Review: In Murakami's _Sputnik Sweetheart_, people are in love as an exercise in connection (or the lack of it). Sumire (Violet) slouches into the novel as the unattainable object of desire for the narrator, but falls in love with Miu-- a woman 17 years her senior. Miu is endlessly loveable, but utterly unable to love, with her ability to connect lost to her years before in an incident that split her personality. Meanwhile the narrator desires the mother of one of his students, but keeps his heart set on Sumire, who is unable to see him as anything except a friend.

All the characters are split into their desire to love and their lack of ability to love. Murakami plays with that split and makes it literal through a skilful rendering of the realistic and surreal, and even the resolution of the novel is divided-- what connection is there between people besides at least looking at the same moon?

This is my second Murakami (_Norwegian Wood_ was the first) and it confirmed by view of him as an interesting writer whose work I'm going to continue reading. I found that I liked NW better, in that I was less convinced with how the surrealism was applied here-- seemed like it was already too much one way to change into another by the time that it was introduced. I was less than convinced by the ending, and perhaps even a little disappointed. Still, better than much that's out there and well worth the time to read. I'm going to try Wind-Up Bird Chronicle next.

Rating: 5 stars
Summary: Haruki what else can I say
Review: Huruki Murakami is one of the best authors out today. If you haven't read anything by him then I suggest Norweigan Wood. I think it is his best although all his novels are great including this one. You won't be disappointed with this purchase.

Rating: 4 stars
Summary: Murakami, but sparser than normal
Review: I really like the works of Haruki Murakami. He's among the most inventive and edgy novelists I've discovered for a while now. But Sputnik Sweetheart just wasn't up to his usual style. I suppose he was writing a minimalist novel this time around. It had his usual quirky style, but there just wasn't that much here.

How does one review a minimalist novel? (I'm using this word because someone in one of the other reviews used it. I wouldn't have come up with it myself, but it fits.) The basic plot is a guy loves a girl who doesn't love him, but instead loves an older married woman, whom she works for. The rest is style. I can't write much without giving something away, but there's also not much to give away.

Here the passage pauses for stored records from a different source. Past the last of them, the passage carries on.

-- ===== src/FastPath/Replay.antt =====
-- What a repeated create request does.
use fast_sandbox.Base.{
  ◌≡◌, refl, ap, ◌∙◌, ◌⊎◌, inl, inr, ℕ, Bool, true, false, not, Option, none, some, [], ◌∷◌, Dict,
  lookup, if◌then◌else◌, arith, Bool-cases,
}
use fast_sandbox.Placement.Types.{FastletInfo}
use fast_sandbox.Placement.Reserve.{fastlet_id}
use fast_sandbox.Assignment.{
  AssignmentEnvelope, SandboxObject, Codec, Result, ok, failed, assignment_from_annotation,
}
use fast_sandbox.Orchestrator.{CreateAnswer, observed, no_observation, call_failed}
use fast_sandbox.FastPath.{
  CreateEnd, rolled_back, rollback_failed, is_definite, has_id, CreateTurn, CreateTrace, skip_tried,
  NextAttempts, after_call, provision, provision_runtime,
}
use fast_sandbox.FastPath.Intent.{
  StoredIntent, IntentRead, absent, unreadable, stored, IntentAnswers, CreatePlan, AcceptedCreate,
  IntentResult, missing, unassigned, refused, accepted, same_request, is_empty, on_assigned, reread,
  initialize_intent, assigned_intent, is_resumable, load_read, load_existing_create_intent,
  accept_create_intent, start_create, create_sandbox,
}

abbrev pub KeepsIntent : CreateEnd → Type 0
KeepsIntent rolled_back = ⊥
KeepsIntent rollback_failed = ⊥
KeepsIntent _ = Unit {0}

module _ {Q : Type 0} (turns : ℕ → CreateTurn Q) where
  -- At most one call, of the Fastlet under the assignment, and the intent is not deleted.
  abbrev pub OneCall : FastletInfo Q → AssignmentEnvelope → CreateTrace Q → Type 0
  OneCall c e x =
      ((x.0 ≡ [])
        ⊎ ((answer : CreateAnswer) × (x.0
              ≡ record { target = c; envelope = e; answer = answer } ∷ [])))
      × KeepsIntent x.1

  after_call-alone :
      (next : NextAttempts turns false) (n : ℕ) (t : CreateTurn Q) (e : AssignmentEnvelope)
      (answer : CreateAnswer)
      → ((after_call turns false next n t [] e answer).0 ≡ [])
        × KeepsIntent (after_call turns false next n t [] e answer).1
  after_call-alone next n t e observed = (refl, tt)
  after_call-alone next n t e no_observation = (refl, tt)
  after_call-alone next n t e (call_failed error) =
      elim (Bool-cases (is_definite false (call_failed error))) [
        | inl h ↦ rw h (refl, tt)
        | inr h ↦ rw h (refl, tt)
      ]

  if-OneCall :
      (c : FastletInfo Q) (e : AssignmentEnvelope) (b : Bool) (x y : CreateTrace Q)
      → OneCall c e x
      → OneCall c e y
      → OneCall c e (if b then x else y)
  if-OneCall c e true x y h k = h
  if-OneCall c e false x y h k = k

  provision_runtime-OneCall :
      (c : FastletInfo Q) (e : AssignmentEnvelope)
      → OneCall c e (provision_runtime turns false (c ∷ []) e)
  unfolding provision_runtime provision skip_tried has_id
  provision_runtime-OneCall c e =
      let t = turns 0 in
      let (alone, kept) =
        after_call-alone (provision turns false 31 false (c.id ∷ [])) 31 t e t.answer in
      if-OneCall c e t.has_ended _ _ (inl refl, tt)
        (
          inr (
            t.answer,
            ap (λ rest. record { target = c; envelope = e; answer = t.answer } ∷ rest) alone,
          ),
          kept,
        )

  module _ (codec : Codec) (fastlets : Dict (FastletInfo Q)) (plan : CreatePlan Q)
      (t : IntentAnswers) where
    -- A stored intent of the same request, that is not paused and not deleted, with its finalizer.
    abbrev pub Resumable : StoredIntent → Type 0
    Resumable s =
        (same_request s.object.annotations plan.annotations ≡ true)
        × (s.is_paused ≡ false)
        × (s.object.deleting ≡ false)
        × ((s.has_finalizer ≡ true) ⊎ (t.is_updated ≡ true))

    -- Its assignment, by its annotation, or by that which a first assignment left.
    abbrev pub AssignedAs : StoredIntent → AssignmentEnvelope → Type 0
    AssignedAs s e =
        (assignment_from_annotation codec s.object ≡ ok (some e))
        ⊎ ((o : SandboxObject) × (t.initialized ≡ some o)
            × (assignment_from_annotation codec o ≡ ok (some e)))

    abbrev Resumes : StoredIntent → IntentResult Q → Type 0
    Resumes s (accepted a) =
        (e : AssignmentEnvelope) × (c : FastletInfo Q) × (AssignedAs s e)
        × (lookup (fastlet_id s.namespace e.fastlet_name) fastlets ≡ some c)
        × (a ≡ record { candidates = c ∷ []; assignment = e; is_owner = false })
    Resumes s _ = Unit {0}

    on_assigned-Resumes :
        (s : StoredIntent) (e : AssignmentEnvelope) (found : Option (FastletInfo Q))
        → AssignedAs s e
        → lookup (fastlet_id s.namespace e.fastlet_name) fastlets ≡ found
        → Resumes s (on_assigned codec fastlets e found)
    on_assigned-Resumes s e none assigned same = tt
    on_assigned-Resumes s e (some c) assigned same = (e, c, assigned, same, refl)

    reread-Resumes :
        (s : StoredIntent) (o : SandboxObject) (r : Result (Option AssignmentEnvelope))
        → t.initialized ≡ some o
        → assignment_from_annotation codec o ≡ r
        → Resumes s (reread codec fastlets s.namespace r)
    reread-Resumes s o (failed error) i same = tt
    reread-Resumes s o (ok none) i same = tt
    reread-Resumes s o (ok (some e)) i same =
        on_assigned-Resumes s e (lookup (fastlet_id s.namespace e.fastlet_name) fastlets)
          (inr (o, i, same)) refl

    initialize_intent-Resumes :
        (s : StoredIntent) (o : Option SandboxObject)
        → t.initialized ≡ o
        → Resumes s (initialize_intent codec fastlets s.namespace o)
    initialize_intent-Resumes s none i = tt
    initialize_intent-Resumes s (some o) i =
        reread-Resumes s o (assignment_from_annotation codec o) i refl

    if-Resumes :
        (s : StoredIntent) (b : Bool) (x y : IntentResult Q)
        → (b ≡ true → Resumes s x)
        → Resumes s y
        → Resumes s (if b then x else y)
    if-Resumes s true x y h k = h refl
    if-Resumes s false x y h k = k

    assigned_intent-Resumes :
        (has_candidates : Bool) (s : StoredIntent) (r : Result (Option AssignmentEnvelope))
        → assignment_from_annotation codec s.object ≡ r
        → Resumes s (assigned_intent codec fastlets has_candidates s.namespace t.initialized r)
    assigned_intent-Resumes has_candidates s (failed error) same = tt
    assigned_intent-Resumes has_candidates s (ok (some e)) same =
        on_assigned-Resumes s e (lookup (fastlet_id s.namespace e.fastlet_name) fastlets) (inl same)
          refl
    assigned_intent-Resumes has_candidates s (ok none) same =
        if-Resumes s has_candidates _ _ (λ h. initialize_intent-Resumes s t.initialized refl) tt

    is_resumable-Resumable :
        (s : StoredIntent)
        → is_resumable codec fastlets plan.annotations t.is_updated s ≡ true
        → Resumable s
    is_resumable-Resumable s h = (ground arith, ground arith, ground arith, ground arith)

    -- What an accepted intent is.
    abbrev Found : IntentResult Q → Type 0
    Found (accepted a) =
        ((t.is_created ≡ true)
          × (a ≡ record {
            candidates = plan.candidates;
            assignment = plan.assignment;
            is_owner = true;
          }))
        ⊎ ((s : StoredIntent) × (t.read ≡ stored s) × Resumable s × Resumes s (accepted a))
    Found _ = Unit {0}

    Resumes-Found :
        (s : StoredIntent) (x : IntentResult Q)
        → t.read ≡ stored s
        → Resumable s
        → Resumes s x
        → Found x
    Resumes-Found s missing e r h = tt
    Resumes-Found s unassigned e r h = tt
    Resumes-Found s refused e r h = tt
    Resumes-Found s (accepted a) e r h = inr (s, e, r, h)

    load_read-Found :
        (has_candidates : Bool) (read : IntentRead)
        → t.read ≡ read
        → Found (load_read codec fastlets has_candidates plan t read)
    load_read-Found has_candidates absent e = tt
    load_read-Found has_candidates unreadable e = tt
    load_read-Found has_candidates (stored s) e =
        elim (Bool-cases (is_resumable codec fastlets plan.annotations t.is_updated s)) [
          | inl h ↦ rw h (
              Resumes-Found s
                (assigned_intent codec fastlets has_candidates s.namespace t.initialized
                  (assignment_from_annotation codec s.object))
                e (is_resumable-Resumable s h)
                (assigned_intent-Resumes has_candidates s
                  (assignment_from_annotation codec s.object) refl))
          | inr h ↦ rw h tt
        ]

    load_existing-Found :
        (has_candidates : Bool)
        → Found (load_existing_create_intent codec fastlets has_candidates plan t)
    unfolding load_existing_create_intent
    load_existing-Found has_candidates = load_read-Found has_candidates t.read refl

    if-Found :
        (b : Bool) (x y : IntentResult Q)
        → (b ≡ true → Found x)
        → Found y
        → Found (if b then x else y)
    if-Found true x y h k = h refl
    if-Found false x y h k = k

    accept_create_intent-Found : Found (accept_create_intent codec fastlets plan t)
    unfolding accept_create_intent load_existing_create_intent
    accept_create_intent-Found =
        if-Found t.is_created _ _ (λ e. inl (e, refl))
          (load_read-Found (not (is_empty plan.candidates)) t.read refl)

    -- The calls of a request that stored its intent, or that found one.
    abbrev pub Served : CreateTrace Q → Type 0
    Served x =
        ((t.is_created ≡ true) × (x ≡ provision_runtime turns true plan.candidates plan.assignment))
        ⊎ ((s : StoredIntent) × (e : AssignmentEnvelope) × (c : FastletInfo Q) × (t.read ≡ stored s)
            × Resumable s
            × AssignedAs s e
            × (lookup (fastlet_id s.namespace e.fastlet_name) fastlets ≡ some c)
            × OneCall c e x)

    some_unless : (b : Bool) (x y : CreateTrace Q) → (if b then none else some y) ≡ some x → x ≡ y
    some_unless true x y e = absurd (cc e)
    some_unless false x y e = cc e

    provided : AcceptedCreate Q → CreateTrace Q
    provided a = provision_runtime turns a.is_owner a.candidates a.assignment

    start_create-Served :
        (r : IntentResult Q) (x : CreateTrace Q)
        → Found r
        → start_create codec fastlets turns r ≡ some x
        → Served x
    unfolding provided
    start_create-Served missing x h e = absurd (cc e)
    start_create-Served unassigned x h e = absurd (cc e)
    start_create-Served refused x h e = absurd (cc e)
    start_create-Served (accepted a) x h e =
        let run : x ≡ provided a = some_unless (is_empty a.candidates) x (provided a) e in
        elim h [
          | inl (made, same) ↦ inl (made, run ∙ ap provided same)
          | inr (s, read, ready, (envelope, c, assigned, found, same)) ↦ inr (
            s,
            envelope,
            c,
            read,
            ready,
            assigned,
            found,
            rw (run ∙ ap provided same) (provision_runtime-OneCall c envelope),
          )
        ]

    -- A create request calls Fastlets only for an intent that it has stored itself, then as the loop over
    -- those that it selected; or for one that it found stored, of the same request, not paused, not being
    -- deleted, and with its finalizer or given it: then at most one, which the stored assignment names, or
    -- that of a first assignment, under that assignment, and it does not delete the intent.
    pub create_sandbox-Served :
        (has_room : Bool) (x : CreateTrace Q)
        → create_sandbox codec fastlets turns has_room plan t ≡ some x
        → Served x
    unfolding create_sandbox
    create_sandbox-Served true x e =
        start_create-Served (accept_create_intent codec fastlets plan t) x
          accept_create_intent-Found e
    create_sandbox-Served false x e =
        start_create-Served (load_existing_create_intent codec fastlets false plan t) x
          (load_existing-Found false) e
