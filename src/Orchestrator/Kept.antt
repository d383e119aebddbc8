-- ===== src/Orchestrator/Kept.antt =====
-- What feedback leaves of a Fastlet's entry, and so a call of the Fastlet.

use fast_sandbox.Base.{
  ℕ, ◌≡◌, refl, ◌∙◌, Bool, true, false, Option, none, some, List, String, lookup,
  lookup-insert_self, if◌then◌else◌,
}
use fast_sandbox.Placement.Quantity.{Quantities}
use fast_sandbox.Placement.Types.{
  Demand, FastletInfo, Registry, AdmissionStatus, ResourceStatus, SandboxStatus,
}
use fast_sandbox.Placement.Heartbeat.{
  use_ledger, ledger_of, not_received, disagrees, apply_admission_resources,
  resource_rejection_cleared, parse_resource_vector,
}
use fast_sandbox.Placement.Feedback.{
  LocalFeedback, with_ledger, apply_feedback_admission, acceptable, feedback_admission,
  feedback_sandbox, feedback_outcome, rejects, settle, feedback_slot, with_defaults, feedback_found,
  record_feedback,
}
use fast_sandbox.Orchestrator.{
  CallResult, CreateReply, CreateError, local_conflict, other_error, fastlet_error, CreateAnswer,
  is_success, error_of, admission_snapshot, failure_feedback, inputs_fit, call_target,
}

module _ (q : Quantities) where
  open q use {Quantity, milli_value, value}

  abbrev pub Info : Type 0
  Info = FastletInfo Quantity

  -- The same is in flight.
  abbrev pub Keeps : Info → Info → Type 0
  Keeps i j =
      (j.in_flight_slots ≡ i.in_flight_slots) × (j.in_flight_resources ≡ i.in_flight_resources)

  Keeps-trans : (i j k : Info) → Keeps i j → Keeps j k → Keeps i k
  Keeps-trans i j k (a, b) (c, d) = (c ∙ a, d ∙ b)

  if-Keeps :
      (i : Info) (b : Bool) (j k : Info) → Keeps i j → Keeps i k → Keeps i (if b then j else k)
  if-Keeps i true j k h h' = h
  if-Keeps i false j k h h' = h'

  use_ledger-Keeps : (i : Info) (a b : Option (Demand Quantity)) → Keeps i (use_ledger q i a b)
  unfolding use_ledger
  use_ledger-Keeps i none b = (refl, refl)
  use_ledger-Keeps i (some c) none = (refl, refl)
  use_ledger-Keeps i (some c) (some d) =
      if-Keeps i (disagrees q c i) (not_received q i)
        (record i { resource_capacity = c; resource_committed = d }) (refl, refl) (refl, refl)

  ledger_of-Keeps : (i : Info) (r : Option ResourceStatus) → Keeps i (ledger_of q i r)
  ledger_of-Keeps i none = (refl, refl)
  ledger_of-Keeps i (some r) =
      use_ledger-Keeps i (parse_resource_vector q r.capacity) (parse_resource_vector q r.committed)

  with_ledger-Keeps : (i : Info) (x : Info × Bool) → Keeps i x.0 → Keeps i (with_ledger q x).0
  unfolding apply_admission_resources
  with_ledger-Keeps i (j, true) h =
      Keeps-trans i j (ledger_of q j j.admission.resources) h
        (ledger_of-Keeps j j.admission.resources)
  with_ledger-Keeps i (j, false) h = h

  either-Keeps :
      (i : Info) (b : Bool) (x y : Info × Bool)
      → Keeps i x.0
      → Keeps i y.0
      → Keeps i (if b then x else y).0
  either-Keeps i true x y h k = h
  either-Keeps i false x y h k = k

  apply_feedback_admission-Keeps :
      (a : AdmissionStatus) (r : ResourceStatus) (f : LocalFeedback) (i : Info)
      → Keeps i (apply_feedback_admission q a r f i).0
  unfolding apply_feedback_admission
  apply_feedback_admission-Keeps a r f i =
      either-Keeps i (acceptable q f r i.admission.resources) _ _ (refl, refl) (refl, refl)

  feedback_admission-Keeps :
      (f : LocalFeedback) (i : Info) (a : Option AdmissionStatus)
      → Keeps i (feedback_admission q f i a).0
  unfolding feedback_admission
  feedback_admission-Keeps f i none = (refl, refl)
  feedback_admission-Keeps f i (some a) =
      elim a.resources
        as (λ o.
          Keeps i
            (elim o as (λ _. Info × Bool) [
              | none ↦ (i, true)
              | some r ↦ with_ledger q (apply_feedback_admission q a r f i)
            ]).0) [
              | none ↦ (refl, refl)
              | some r ↦
                  with_ledger-Keeps i (apply_feedback_admission q a r f i)
                    (apply_feedback_admission-Keeps a r f i)
            ]

  feedback_sandbox-Keeps : (i : Info) (s : Option SandboxStatus) → Keeps i (feedback_sandbox q i s)
  unfolding feedback_sandbox
  feedback_sandbox-Keeps i none = (refl, refl)
  feedback_sandbox-Keeps i (some s) = if-Keeps i _ _ _ (refl, refl) (refl, refl)

  feedback_outcome-Keeps : (f : LocalFeedback) (i : Info) → Keeps i (feedback_outcome q f i)
  unfolding feedback_outcome
  feedback_outcome-Keeps f i =
      if-Keeps i (rejects f.code) _ _ (refl, refl)
        (if-Keeps i (resource_rejection_cleared q i) _ _ (refl, refl) (refl, refl))

  settle-Keeps :
      (f : LocalFeedback) (i : Info) (x : Info × Bool) → Keeps i x.0 → Keeps i (settle q f x)
  settle-Keeps f i (j, true) h =
      let sandboxed = feedback_sandbox q j f.sandbox in
      Keeps-trans i sandboxed (feedback_outcome q f sandboxed)
        (Keeps-trans i j sandboxed h (feedback_sandbox-Keeps j f.sandbox))
        (feedback_outcome-Keeps f sandboxed)
  settle-Keeps f i (j, false) h = h

  feedback_slot-Keeps : (f : LocalFeedback) (i : Info) → Keeps i (feedback_slot q f i)
  unfolding feedback_slot
  feedback_slot-Keeps f i =
      if-Keeps i _ _ _ (refl, refl)
        (settle-Keeps f i (feedback_admission q f i f.admission)
          (feedback_admission-Keeps f i f.admission))

  -- The Fastlet's entry is there, with the same in flight as another.
  abbrev pub KeepsAt : String → Info → Registry Quantity → Type 0
  KeepsAt id i r = (j : Info) × (lookup id r.fastlets ≡ some j) × Keeps i j

  record_feedback-KeepsAt :
      (now : ℕ) (id : String) (f : LocalFeedback) (i : Info) (r : Registry Quantity)
      → KeepsAt id i r
      → KeepsAt id i (record_feedback q now id f r)
  unfolding record_feedback feedback_found
  record_feedback-KeepsAt now id f i r (j, found, h) =
      let k = feedback_slot q (with_defaults q now f) j in
      (
        k,
        rw found (lookup-insert_self id k r.fastlets),
        Keeps-trans i j k h (feedback_slot-Keeps (with_defaults q now f) j),
      )

  admission_snapshot-KeepsAt :
      (now : ℕ) (c : Info) (reply : Option CreateReply) (i : Info) (r : Registry Quantity)
      → KeepsAt c.id i r
      → KeepsAt c.id i (admission_snapshot q now c reply r)
  admission_snapshot-KeepsAt now c none i r h = h
  admission_snapshot-KeepsAt now c (some reply) i r h = record_feedback-KeepsAt now c.id _ i r h

  failure_feedback-KeepsAt :
      (now : ℕ) (c : Info) (reply : Option CreateReply) (e : CreateError) (i : Info)
      (r : Registry Quantity)
      → KeepsAt c.id i r
      → KeepsAt c.id i (failure_feedback q now c reply e r)
  failure_feedback-KeepsAt now c reply (fastlet_error code disposition) i r h =
      record_feedback-KeepsAt now c.id _ i r h
  failure_feedback-KeepsAt now c reply local_conflict i r h = h
  failure_feedback-KeepsAt now c reply other_error i r h = h

  -- What others do to the registry leaves the entry of the Fastlet, with the same in flight.
  abbrev pub GiveBack : String → (Registry Quantity → Registry Quantity) → Type 0
  GiveBack id others =
      (r : Registry Quantity) (j : Info) → lookup id r.fastlets ≡ some j → KeepsAt id j (others r)

  either-KeepsAt :
      (id : String) (i : Info) (b : Bool) (x y : CreateAnswer × Registry Quantity)
      → KeepsAt id i x.1
      → KeepsAt id i y.1
      → KeepsAt id i (if b then x else y).1
  either-KeepsAt id i true x y h k = h
  either-KeepsAt id i false x y h k = k

  pub call_target-KeepsAt :
      (now : ℕ) (c : Info) (inputs : List ℕ) (x : CallResult)
      (others : Registry Quantity → Registry Quantity) (r : Registry Quantity) (j : Info)
      → GiveBack c.id others
      → lookup c.id r.fastlets ≡ some j
      → KeepsAt c.id j (call_target q now c inputs x others r).1
  call_target-KeepsAt now c inputs x others r j back found =
      either-KeepsAt c.id j (inputs_fit 0 inputs) _ _
        (either-KeepsAt c.id j (is_success x) _ _
          (admission_snapshot-KeepsAt now c x.reply j (others r) (back r j found))
          (failure_feedback-KeepsAt now c x.reply (error_of x) j (others r) (back r j found)))
        (j, found, (refl, refl))
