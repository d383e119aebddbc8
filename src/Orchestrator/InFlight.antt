-- ===== src/Orchestrator/InFlight.antt =====
-- What a create call leaves in the registry.

use fast_sandbox.Base.{
  ℕ, ◌≡◌, inl, inr, refl, sym, ap, ◌∙◌, Bool, true, false, some, List, String, lookup,
  lookup-insert_self, Bool-cases, arith, ℤ, pos, ◌≤ℤ◌, ◌+ℤ◌, ◌-ℤ◌, leb_ℤ,
}
use fast_sandbox.Placement.Quantity.{Quantities, QuantityLaws}
use fast_sandbox.Placement.Types.{Demand, Registry, slot_capacity, scheduling_used}
use fast_sandbox.Placement.Reserve.{
  demands_resources, exceeds, reserve_slot, reserve_found, reserve_local, put_fastlet, fewer_slots,
  release_slot, release_found, release_local,
}
use fast_sandbox.Orchestrator.{CallResult, call_target, call_reserved, create_on_target}
use fast_sandbox.Orchestrator.Kept.{Info, Keeps, KeepsAt, GiveBack, call_target-KeepsAt}

module _ (q : Quantities) (laws : QuantityLaws q) where
  open q use {Quantity, milli_value, value}

  -- The same slots and resources are in flight, as placement reads them.
  abbrev pub SameInFlight : Info q → Info q → Type 0
  SameInFlight i j =
      (j.in_flight_slots ≡ i.in_flight_slots)
      × (milli_value j.in_flight_resources.cpu ≡ milli_value i.in_flight_resources.cpu)
      × (value j.in_flight_resources.memory ≡ value i.in_flight_resources.memory)

  fewer_than_more : (n : ℤ) → pos 0 ≤ℤ n → fewer_slots q (n +ℤ pos 1) ≡ n
  unfolding ◌+ℤ◌ ◌-ℤ◌
  fewer_than_more n h = ground arith

  -- A release of what was reserved, on an entry with the same in flight.
  release_slot-reserve_slot :
      (d : Demand Quantity) (i k : Info q)
      → pos 0 ≤ℤ i.in_flight_slots
      → (reserve_slot q d i).1 ≡ true
      → Keeps q (reserve_slot q d i).0 k
      → SameInFlight i (release_slot q d k)
  unfolding reserve_slot release_slot
  release_slot-reserve_slot d i k h granted (slots, resources) =
      elim (Bool-cases (leb_ℤ (slot_capacity i) (scheduling_used i))) [
        | inl full ↦ cc (rw full at granted)
        | inr room ↦ elim (Bool-cases (demands_resources q d)) [
          | inl both ↦ elim (Bool-cases (exceeds q i d)) [
            | inl over ↦ cc (rw (room, both, over) at granted)
            | inr under ↦
                let same_slots = rw (room, both, under) at slots in
                let same_resources = rw (room, both, under) at resources in
                rw both (
                  ap (fewer_slots q) same_slots ∙ fewer_than_more i.in_flight_slots h,
                  ap (λ x. milli_value (q.sub x.cpu d.cpu)) same_resources
                      ∙ laws.milli_value-add_sub _ _,
                  ap (λ x. value (q.sub x.memory d.memory)) same_resources ∙ laws.value-add_sub _ _,
                )
          ]
          | inr slot_only ↦
              let same_slots = rw (room, slot_only) at slots in
              let same_resources = rw (room, slot_only) at resources in
              rw slot_only (
                ap (fewer_slots q) same_slots ∙ fewer_than_more i.in_flight_slots h,
                ap (λ x. milli_value x.cpu) same_resources,
                ap (λ x. value x.memory) same_resources,
              )
        ]
      ]

  abbrev pub SameAt : String → Info q → Registry Quantity → Type 0
  SameAt id i r = (j : Info q) × (lookup id r.fastlets ≡ some j) × SameInFlight i j

  Keeps-SameAt :
      (id : String) (i : Info q) (r : Registry Quantity) → KeepsAt q id i r → SameAt id i r
  Keeps-SameAt id i r (j, found, (slots, resources)) =
      (j, found, (slots, ap (λ x. milli_value x.cpu) resources, ap (λ x. value x.memory) resources))

  release_local-SameAt :
      (id : String) (d : Demand Quantity) (i : Info q) (r : Registry Quantity)
      → pos 0 ≤ℤ i.in_flight_slots
      → (reserve_slot q d i).1 ≡ true
      → KeepsAt q id (reserve_slot q d i).0 r
      → SameAt id i (release_local q id d r)
  unfolding release_local release_found
  release_local-SameAt id d i r h granted (k, found, (slots, resources)) = (
    release_slot q d k,
    rw found (lookup-insert_self id (release_slot q d k) r.fastlets),
    release_slot-reserve_slot d i k h granted (slots, resources),
  )

  -- What a reservation of an entry gives.
  abbrev Reserves : String → Demand Quantity → Info q → Registry Quantity × Bool → Type 0
  Reserves id d i (r, true) =
      ((reserve_slot q d i).1 ≡ true) × (lookup id r.fastlets ≡ some (reserve_slot q d i).0)
  Reserves id d i (r, false) = SameAt id i r

  call_reserved-SameAt :
      (declarative : Bool) (now : ℕ) (c : Info q) (d : Demand Quantity) (inputs : List ℕ)
      (x : CallResult) (others : Registry Quantity → Registry Quantity) (i : Info q)
      (y : Registry Quantity × Bool)
      → GiveBack q c.id others
      → pos 0 ≤ℤ i.in_flight_slots
      → Reserves c.id d i y
      → SameAt c.id i (call_reserved q declarative now c d inputs x others y).1
  call_reserved-SameAt declarative now c d inputs x others i (r, false) back h same = same
  call_reserved-SameAt declarative now c d inputs x others i (r, true) back h (granted, found) =
      release_local-SameAt c.id d i (call_target q now c inputs x others r).1 h granted
        (call_target-KeepsAt q now c inputs x others r (reserve_slot q d i).0 back found)

  reserve_slot-refused :
      (d : Demand Quantity) (i : Info q)
      → (reserve_slot q d i).1 ≡ false
      → (reserve_slot q d i).0 ≡ i
  unfolding reserve_slot
  reserve_slot-refused d i refused =
      elim (Bool-cases (leb_ℤ (slot_capacity i) (scheduling_used i))) [
        | inl full ↦ rw full refl
        | inr room ↦ elim (Bool-cases (demands_resources q d)) [
          | inl both ↦ elim (Bool-cases (exceeds q i d)) [
            | inl over ↦ rw (room, both, over) refl
            | inr under ↦ cc (rw (room, both, under) at refused)
          ]
          | inr slot_only ↦ cc (rw (room, slot_only) at refused)
        ]
      ]

  put-Reserves :
      (id : String) (d : Demand Quantity) (i : Info q) (r : Registry Quantity) (x : Info q × Bool)
      → reserve_slot q d i ≡ x
      → Reserves id d i (put_fastlet q id x.0 r, x.1)
  put-Reserves id d i r (j, true) e =
      (ap (λ y. y.1) e, lookup-insert_self id j r.fastlets ∙ ap (λ y. some y.0) (sym e))
  put-Reserves id d i r (j, false) e =
      let same : j ≡ i = ap (λ y. y.0) (sym e) ∙ reserve_slot-refused d i (ap (λ y. y.1) e) in
      (
        j,
        lookup-insert_self id j r.fastlets,
        (
          ap (λ y. y.in_flight_slots) same,
          ap (λ y. milli_value y.in_flight_resources.cpu) same,
          ap (λ y. value y.in_flight_resources.memory) same,
        ),
      )

  reserve_local-Reserves :
      (id : String) (d : Demand Quantity) (i : Info q) (r : Registry Quantity)
      → lookup id r.fastlets ≡ some i
      → Reserves id d i (reserve_local q id d r)
  unfolding reserve_local reserve_found
  reserve_local-Reserves id d i r found = rw found (put-Reserves id d i r (reserve_slot q d i) refl)

  -- Whatever the Fastlet answers, if it answers, and whether or not a reservation is needed or granted:
  -- after a create call the same slots and resources are in flight at the Fastlet as before, if those
  -- were not negative and what others did during the call left its entry with the same in flight.
  pub create_on_target-SameInFlight :
      (declarative needs : Bool) (now : ℕ) (c : Info q) (d : Demand Quantity) (inputs : List ℕ)
      (x : CallResult) (others : Registry Quantity → Registry Quantity) (i : Info q)
      (r : Registry Quantity)
      → lookup c.id r.fastlets ≡ some i
      → pos 0 ≤ℤ i.in_flight_slots
      → GiveBack q c.id others
      → (j : Info q) × (lookup c.id
            (create_on_target q declarative needs now c d inputs x others r).1.fastlets
          ≡ some j)
        × SameInFlight i j
  unfolding create_on_target
  create_on_target-SameInFlight declarative true now c d inputs x others i r found h back =
      call_reserved-SameAt declarative now c d inputs x others i (reserve_local q c.id d r) back h
        (reserve_local-Reserves c.id d i r found)
  create_on_target-SameInFlight declarative false now c d inputs x others i r found h back =
      Keeps-SameAt c.id i (call_target q now c inputs x others r).1
        (call_target-KeepsAt q now c inputs x others r i back found)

I suppose if you like the Murakami style, you'll like this. It's reasonably enjoyable, but not deep or memorable. Nothing here will touch you, or make you feel anything. So read and enjoy, but don't expect much.

Rating: 5 stars
Summary: Weird story
Review: A weird and wonderful tale told by a narrator we later find who is known only as "K". His friend Sumire, meets an older woman, falls in love with her, then vanishes from a Greek island. It's unusual and leaves the reader with "What just happened?" question in his/her mind.